69% of CEOs believe the most significant impacts of deglobalization are already underway
Question: Which of the following is closest to your own view about the potential for deglobalization?
57% of investors believe the most significant impacts of deglobalization are yet to come
Investors are focused on several aspects of deglobalization. CEOs appear to see deglobalization risks mostly on the supply side (effects on production changes and global exchange of goods) but less on the demand side (market access, cultural factors, monetary policy).
With almost 60% of CEOs acknowledging concerns over geopolitical tensions in terms of deglobalization, it raises questions about whether CEOs see geopolitical tensions as a driver of deglobalization, an impact of deglobalization, or both.
Question: Which of the following aspects of deglobalization are you most concerned about? (select all that apply)
One in five CEOs report that they are not making any adjustments to their business in 2024 to account for deglobalization, indicating that necessary preparations may have already been made and that companies have adapted to the new reality.
For the majority of companies that are still retooling, the focus is on the supply side. Almost 50% of CEOs are looking to make their supply chains more resilient; however, only 24% are planning to re-locate physical operations in 2024. One lesson may be that companies are pursuing supply chain rationalization, without wholesale abandoning China and other markets. Companies may also find that alternative providers for manufacturing and sourcing present risks of their own. Finally, while the geopolitical tensions noted in Figure 7 may be pushing some companies out of China and other markets, ambitious policies such as the Inflation Reduction Act and the CHIPS Act in the U.S. are promoting both onshoring and “friendshoring.”

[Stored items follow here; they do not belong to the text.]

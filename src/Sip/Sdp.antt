-- ===== src/Sip/Sdp.antt =====
-- internal/sdp/sdp.go: the SDP answer to an offer. The fields that vary, and the texts that stand
-- there, are kept; `Marshal` is the library pion/sdp.
pub mod Reading
pub mod Attributes
pub mod RoundTrip
pub mod Widths
pub mod Negotiated
use tele_portal.Audio.Codec.{Codec, CodecName, Stream, l16, opus, pass, pcma, pcmu, unnamed}
use tele_portal.Common.{List, [], if◌then◌else◌, ltb, ℕ, ◌++◌, ◌-◌, ◌==◌, ◌∷◌}
use tele_portal.Common.Text.{Text, codes, itoa}
use tele_portal.Rtp.Writer.{audio}
use tele_portal.Sip.Offer.{Attribute}

pub record Origin : Type 0 where
  pub username : Text
  pub session_id : ℕ
  pub session_version : ℕ
  pub network_type : Text
  pub address_type : Text
  pub unicast_address : Text

pub record ConnectionInformation : Type 0 where
  pub network_type : Text
  pub address_type : Text
  pub address : Text

pub record AnswerMedia : Type 0 where
  pub media : Text
  pub port : ℕ
  pub protos : List Text
  pub formats : List Text
  pub connection_information : ConnectionInformation
  pub attributes : List Attribute

pub record Answer : Type 0 where
  pub version : ℕ
  pub origin : Origin
  pub session_name : Text
  pub connection_information : ConnectionInformation
  pub start_time : ℕ
  pub stop_time : ℕ
  pub media_descriptions : List AnswerMedia

-- The text of a codec name.
unfoldable pub name_text : CodecName → Text
name_text pcmu = codes "PCMU"
name_text pcma = codes "PCMA"
name_text l16 = codes "L16"
name_text opus = codes "opus"
name_text pass = codes "PASS"
name_text unnamed = []

unfoldable pub answer_formats : Stream → List Text
unfolding itoa
answer_formats s =
    itoa s.codec.payload_type
    ∷ (if s.dtmf_payload_type == 0 then [] else itoa s.dtmf_payload_type ∷ [])

-- The value of the attribute `rtpmap` of the codec.
unfoldable pub rtpmap_value : Codec → Text
unfolding itoa name_text
rtpmap_value c =
    itoa c.payload_type
    ++ (b' '
        ∷ (name_text c.name
            ++ (b'/'
                ∷ (itoa c.sample_rate
                    ++ (if ltb 1 c.channels then b'/' ∷ itoa c.channels else [])))))

unfoldable pub answer_attributes : Stream → List Attribute
unfolding rtpmap_value itoa
answer_attributes s =
    record { key = codes "rtpmap"; value = rtpmap_value s.codec }
    ∷ record { key = codes "ptime"; value = itoa s.ptime }
    ∷ record { key = codes "sendrecv"; value = [] }
    ∷ (if s.dtmf_payload_type == 0
        then []
        else record {
          key = codes "rtpmap";
          value =
              itoa s.dtmf_payload_type ++ (codes " telephone-event/" ++ itoa s.codec.sample_rate);
        }
          ∷ record { key = codes "fmtp"; value = itoa s.dtmf_payload_type ++ codes " 0-16" }
          ∷ [])

abbrev pub connection_at : Text → ConnectionInformation
connection_at ip = record { network_type = codes "IN"; address_type = codes "IP4"; address = ip }

-- `session_id` is the time in nanoseconds, `ip` the text of the address.
unfoldable pub generate_answer : ℕ → Text → ℕ → Stream → Answer
unfolding answer_formats answer_attributes
generate_answer session_id ip port s = record {
  version = 0;
  origin = record {
    username = codes "-";
    session_id = session_id;
    session_version = session_id;
    network_type = codes "IN";
    address_type = codes "IP4";
    unicast_address = ip;
  };
  session_name = codes "TelePortal Session";
  connection_information = connection_at ip;
  start_time = 0;
  stop_time = 0;
  media_descriptions =
      record {
        media = codes "audio";
        port = port;
        protos = codes "RTP" ∷ codes "AVP" ∷ [];
        formats = answer_formats s;
        connection_information = connection_at ip;
        attributes = answer_attributes s;
      }
      ∷ [];
}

Question: How, if at all, is your business adjusting / should leading corporations adjust to the potential for deglobalization?
With the end of China’s “zero-COVID” policy in January 2023, the strategic importance of China rebounded for both CEOs and investors over the past 12 months. What’s more, 34% of CEOs (up from just 18% last year) and 63% of investors (up from 55% last year) report that China is important to their strategy over the next 10 years. To put it another way, headlines about companies decoupling from China may be overstated.
The U-shaped curve in responses is an indicator that most CEOs and investors have a positive view of opportunities in China today – and remain committed to the China market for the long-term. However, the dip at the five-year mark indicates that a fair measure of uncertainty remains about the challenges ahead, especially if the Chinese economy hits a speed bump and geopolitical tensions remain high.
Question: How important is China to your business / investment strategy…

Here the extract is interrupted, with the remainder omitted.